Google Colaboratory supports GPU/TPU runtime acceleration support! TPU stands for “Tensor Processing Unit” which is a chip designed for Google’s math library (TensorFlow) which is used for machine learning (like neural networks). GPU stands for Graphics Processing Unit and is a card that your computer uses for graphics. GPU/TPU acceleration is using the GPU and CPU (Central Processing Unit) in your computer for tasks that use up a lot of power, like deep learning, analytics, and engineering applications. Google Colab supports the use of GPU/TPU in the applications in your Notebook, so you can run neural networks all without leaving your browser (Since you’ll be using Google’s TPU’s and CPU’s to run those applications, there’s a time limit to how long you can use them, which is around 12 hours) Google Colab also supports connecting to a Jupyter runtime on your local machine. For more info, check out Google Colab’s documentation.

Google Colab and Google Drive

Google Colab supports the use of Google Drive to load datasets, and even upload or download models to and from the notebooks you use and your local machine. All you have to do is link your Google Drive account to Google Colab by running this snippet of code:

!apt-get install -y -qq software-properties-common python-software-properties module-init-tools
!add-apt-repository -y ppa:alessandro-strada/ppa 2>&1 > /dev/null
!apt-get update -qq 2>&1 > /dev/null
!apt-get -y install -qq google-drive-ocamlfuse fuse
from google.colab import auth
auth.authenticate_user()
from oauth2client.client import GoogleCredentials
creds = GoogleCredentials.get_application_default()
import getpass
!google-drive-ocamlfuse -headless -id={creds.client_id} -secret={creds.client_secret} < /dev/null 2>&1 | grep URL
vcode = getpass.getpass()
!echo {vcode} | google-drive-ocamlfuse -headless -id={creds.client_id} -secret={creds.client_secret}

(taken from http://tiny.cc/uvmc1y)

A link will appear. Click the link, select your google account, and copy the verification code given to you. Go back to your notebook where you ran the code snippet above, paste the verification code into the empty box that appears, and hit enter. You will have to do this twice.

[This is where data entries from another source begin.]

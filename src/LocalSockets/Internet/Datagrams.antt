-- ===== src/LocalSockets/Internet/Datagrams.antt =====
-- Sockets/UDP_afinet and the client of Sockets/UDP_local clean up, whatever fails.
use eltex_lessons.Base.{
  ℕ, ◌≤◌, ◌≡◌, refl, Bool, true, false, Option, none, some, ◌∷◌, arith, length, Bool-cases, inl,
  inr,
}
use eltex_lessons.Text.{Bytes, codes, before}
use eltex_lessons.LocalSockets.{
  World, Calls, socket_made, close_socket, file_made, unlink_path, print_message, send_message,
}
use eltex_lessons.LocalSockets.Cleanup.{close_one}
use eltex_lessons.LocalSockets.Internet.{
  buffer_length, send_if_ok, ends_inside, inet_receive, inet_udp_bind, inet_udp_server, inet_reply,
  inet_udp_client, local_reply, local_send, local_bind, udp_client,
}
use eltex_lessons.LocalSockets.Internet.Closing.{
  Closed, ClosedOr, send_fds, send_file, send_printed, failed_end,
}

too_long : (text : Bytes) → ends_inside text ≡ false → buffer_length ≤ length (before 0 text)
unfolding ends_inside
too_long text e = ground arith

inet_receive_lem :
    (r : Option Bytes) (c : Calls) (fd : ℕ) (w : World)
    → c.read ≡ r
    → ClosedOr c w (inet_receive r c fd (socket_made fd w))
unfolding inet_receive
inet_receive_lem none c fd w e = failed_end fd w (socket_made fd w) refl refl
inet_receive_lem (some text) c fd w e = elim (Bool-cases (ends_inside text)) [
  | inl fits ↦
      let got = print_message text (socket_made fd w) in
      let said = send_if_ok c.write_ok fd (codes "Hi!") got in
      rw fits (record {
        closed = close_one fd said.open_fds w.open_fds (send_fds c.write_ok fd (codes "Hi!") got);
        path = send_file c.write_ok fd (codes "Hi!") got;
        unprinted = λ k. absurd (omega arith);
      })
  | inr long ↦ rw long (text, e, too_long text long)
]

pub inet_udp_server_lem :
    (s : Option ℕ) (c : Calls) (w : World) → ClosedOr c w (inet_udp_server s c w)
unfolding inet_udp_server
inet_udp_server_lem none c w = record { closed = refl; path = refl; unprinted = λ e. refl }
inet_udp_server_lem (some fd) c w = at_bind c.bind_ok
  where
    at_bind : (b : Bool) → ClosedOr c w (inet_udp_bind b c fd (socket_made fd w))
    at_bind false = unfold inet_udp_bind in failed_end fd w (socket_made fd w) refl refl
    at_bind true = unfold inet_udp_bind in inet_receive_lem c.read c fd w refl

inet_reply_lem :
    (r : Option Bytes) (c : Calls) (fd : ℕ) (w u : World)
    → c.read ≡ r
    → u.open_fds ≡ fd ∷ w.open_fds
    → u.file ≡ w.file
    → u.printed ≡ w.printed
    → ClosedOr c w (inet_reply r fd u)
unfolding inet_reply
inet_reply_lem none c fd w u e fds file same = record {
  closed = close_one fd u.open_fds w.open_fds fds;
  path = file;
  unprinted = λ k. same;
}
inet_reply_lem (some text) c fd w u e fds file same = elim (Bool-cases (ends_inside text)) [
  | inl fits ↦ rw fits (record {
    closed = close_one fd u.open_fds w.open_fds fds;
    path = file;
    unprinted = λ k. absurd (omega arith);
  })
  | inr long ↦ rw long (text, e, too_long text long)
]

pub inet_udp_client_lem :
    (s : Option ℕ) (c : Calls) (w : World) → ClosedOr c w (inet_udp_client s c w)
unfolding inet_udp_client
inet_udp_client_lem none c w = record { closed = refl; path = refl; unprinted = λ e. refl }
inet_udp_client_lem (some fd) c w =
    let made = socket_made fd w in
    inet_reply_lem c.read c fd w (send_if_ok c.write_ok fd (codes "Hello!") made) refl
      (send_fds c.write_ok fd (codes "Hello!") made) (send_file c.write_ok fd (codes "Hello!") made)
      (send_printed c.write_ok fd (codes "Hello!") made)

-- A client of UDP_local leaves no socket file of its own, unless it gets no socket.
abbrev pub own_file : Option ℕ → World → Bool
own_file none w = w.file
own_file (some fd) w = false

pub udp_client_lem :
    (s : Option ℕ) (c : Calls) (w : World) → Closed (own_file s w) w (udp_client s c w)
unfolding udp_client
udp_client_lem none c w = record { closed = refl; path = refl; unprinted = λ e. refl }
udp_client_lem (some fd) c w = at_bind c.bind_ok
  where
    made : World
    made = unlink_path (socket_made fd w)

    at_end :
        (u : World) (k : ℕ)
        → u.open_fds ≡ fd ∷ w.open_fds
        → (k ≡ 1 → u.printed ≡ w.printed)
        → Closed false w (unlink_path (close_socket fd u), k)
    at_end u k fds same = record {
      closed = close_one fd u.open_fds w.open_fds fds;
      path = refl;
      unprinted = same;
    }

    at_reply :
        (r : Option Bytes)
        → Closed false w (local_reply r fd (send_message fd (codes "Hello!") (file_made made)))
    at_reply none =
        unfold local_reply in
        at_end (send_message fd (codes "Hello!") (file_made made)) 1 refl (λ e. refl)
    at_reply (some text) =
        unfold local_reply in
        at_end (print_message text (send_message fd (codes "Hello!") (file_made made))) 0 refl
          (λ e. absurd (omega arith))

    at_send : (b : Bool) → Closed false w (local_send b c fd (file_made made))
    at_send false = unfold local_send in at_end (file_made made) 1 refl (λ e. refl)
    at_send true = unfold local_send in at_reply c.read

    at_bind : (b : Bool) → Closed false w (local_bind b c fd made)
    at_bind false = unfold local_bind in failed_end fd w made refl refl
    at_bind true = unfold local_bind in at_send c.write_ok
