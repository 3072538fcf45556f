-- ===== src/LocalSockets/Internet/Programs.antt =====
-- All programs of Sockets clean up, whatever fails.
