-- ===== src/LocalSockets/Tests.antt =====
-- A server whose client hangs up before it asks, with an old socket file at the path.
use eltex_lessons.Base.{true, some, [], ◌∷◌}
use eltex_lessons.LocalSockets.{World, Calls}

abbrev world : World
world = record { open_fds = 0 ∷ 1 ∷ 2 ∷ []; file = true; messages_sent = []; printed = [] }

abbrev calls : Calls
calls = record {
  socket = some 3;
  bind_ok = true;
  listen_ok = true;
  connect_ok = true;
  accept = some 4;
  read = some [];
  write_ok = true;
}
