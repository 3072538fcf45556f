-- ===== src/Messages.antt =====
-- The programs of Messages: a server and a client that exchange two messages over queues of the
-- system.
pub mod Posix
pub mod SystemV
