-- ===== src/Packet/Decode/Tlv/Item.antt =====
-- A whole tlv: its groups decode to its sub-attributes.
use pyrad.Common.{
  ℕ, zero, suc, ◌≡◌, ◌≢◌, refl, sym, ◌∙◌, ap, none, some, List, [], ◌∷◌, ◌++◌, Bytes, arith,
}
use pyrad.Common.Eq.{int_eq_instance}
use pyrad.Common.Int.{ℤ}
use pyrad.Common.Result.{ok}
use pyrad.Common.Dict.{Dict, lookup, HasDistinctKeys}
use pyrad.Dictionary.{attribute_for}
use pyrad.Dictionary.Types.{Dictionary, Attribute, Key, code, pair, triple, key_eq_instance}
use pyrad.Packet.State.{Slot, subs, Packet}
use pyrad.Packet.Names.{key_of}
use pyrad.Packet.Encode.{pkt_encode_tlv, encode_slot}
use pyrad.Packet.Encode.Tlv.{Subs, HaveValues, AreShort, rows}
use pyrad.Packet.Encode.Tlv.Written.{AreWritten, pkt_encode_tlv-AreWritten}
use pyrad.Packet.Decode.Attrs.{with_attrs, decode_all}
use pyrad.Packet.Decode.Tlv.{add_each}
use pyrad.Packet.Decode.Tlv.Rows.{rows_lem}
use pyrad.Packet.Decode.Tlv.Groups.{IsTlvKey, tlv_last, decode_new_groups}

-- A tlv under the key of an attribute of the dictionary (the code with the vendor's number, if it has
-- a vendor, and not code 26 or 80), with at least one sub-attribute, distinct codes, and at least one
-- value for each.
pub record IsTlvItem (d : Dictionary) (key : Key) (s : Subs) : Type 0 where
  pub attribute : Attribute
  pub found : attribute_for d key ≡ some attribute
  pub own : key_of d attribute attribute.vendor ≡ ok key
  pub tlv : IsTlvKey d key
  pub distinct : HasDistinctKeys s
  pub full : HaveValues s
  pub some_sub : s ≢ []

encode_slot-tlv :
    (d : Dictionary) (key : Key) (s : Subs) (bs : Bytes)
    → IsTlvKey d key
    → encode_slot d key (subs s) ≡ ok bs
    → pkt_encode_tlv d key s ≡ ok bs
unfolding encode_slot
encode_slot-tlv d (code z) s bs (a, b, t) h = rw t at h
encode_slot-tlv d (pair v z) s bs t h = rw t at h
encode_slot-tlv d (triple v z k) s bs t h = absurd t

-- A row at least, if there is a value.
rows_some :
    (n : ℕ) (s : Subs)
    → AreShort n s
    → HasDistinctKeys s
    → HaveValues s
    → s ≢ []
    → add_each (rows n 0 s) [] ≡ s
rows_some n [] short distinct full h = absurd (h refl)
rows_some n ((c, []) ∷ s) short distinct full h = absurd full
rows_some zero ((c, v ∷ vs) ∷ s) (here, short) distinct full h = absurd (omega (arith, here))
rows_some (suc n) ((c, v ∷ vs) ∷ s) short distinct full h =
    rows_lem n ((c, v ∷ vs) ∷ s) short distinct full

decode_written_item :
    (groups : List Bytes) (l : List (ℤ × Bytes)) (s : Subs) (bs more : Bytes) (a : Dict Key Slot)
    (key : Key) (p : Packet)
    → IsTlvKey p.dict key
    → lookup key a ≡ none
    → AreWritten key l groups bs
    → add_each l [] ≡ s
    → s ≢ []
    → decode_all (bs ++ more) (with_attrs a p) ≡ decode_all more (tlv_last a key s p)
decode_written_item [] l s bs more a key p tlv h (el, eb) added some_sub =
    absurd (some_sub (sym added ∙ rw el (unfold add_each in refl)))
decode_written_item (group ∷ groups) l s bs more a key p tlv h w added some_sub =
    decode_new_groups group groups l bs more a key p tlv h w
    ∙ ap (λ u. decode_all more (tlv_last a key u p)) added

-- The attributes that `_pkt_encode_tlv` wrote of a tlv that meets `IsTlvItem` decode to the tlv, behind
-- the attributes that are there, if none of these has its key.
pub decode_tlv_item :
    (key : Key) (s : Subs) (a : Dict Key Slot) (bs more : Bytes) (p : Packet)
    → IsTlvItem p.dict key s
    → lookup key a ≡ none
    → encode_slot p.dict key (subs s) ≡ ok bs
    → decode_all (bs ++ more) (with_attrs a p) ≡ decode_all more (tlv_last a key s p)
decode_tlv_item key s a bs more p i h e =
    let (n, groups, short, w) =
      pkt_encode_tlv-AreWritten p.dict i.attribute key s bs i.found i.own
        (encode_slot-tlv p.dict key s bs i.tlv e) in
    decode_written_item groups (rows n 0 s) s bs more a key p i.tlv h w
      (rows_some n s short i.distinct i.full i.some_sub) i.some_sub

Next, make a directory on your notebook for all your drive files:

!mkdir -p drive
!google-drive-ocamlfuse drive

After that, to access a file already in your Google Drive, just replace the /FILE part below to the filename you want to access. Note: if you want to access a file in a folder in your drive, place the folder name after drive with a / then the filename. For example, here I’m accessing the file graph.csv that’s in a folder called Projects.

import pandas as pd
pd.read_csv("drive/Projects/graph.csv")

Using Colab with Github

You can load notebooks to and from Github! To load a notebook from Colab to Github, you first create a repository on Github, open the Notebook and select File → Save a copy to Github… and that’s all!

Other Cool Features

There’s a Open in Colab extension you can download to open files in Google Colaboratory. Install it here. You can also use Markdown in your Notebooks. Here’s a Markdown Cheatsheet. Google Colaboratory has a free machine learning crash course which you can find here.

Now go out there and make the notebooks you wish you had back in school!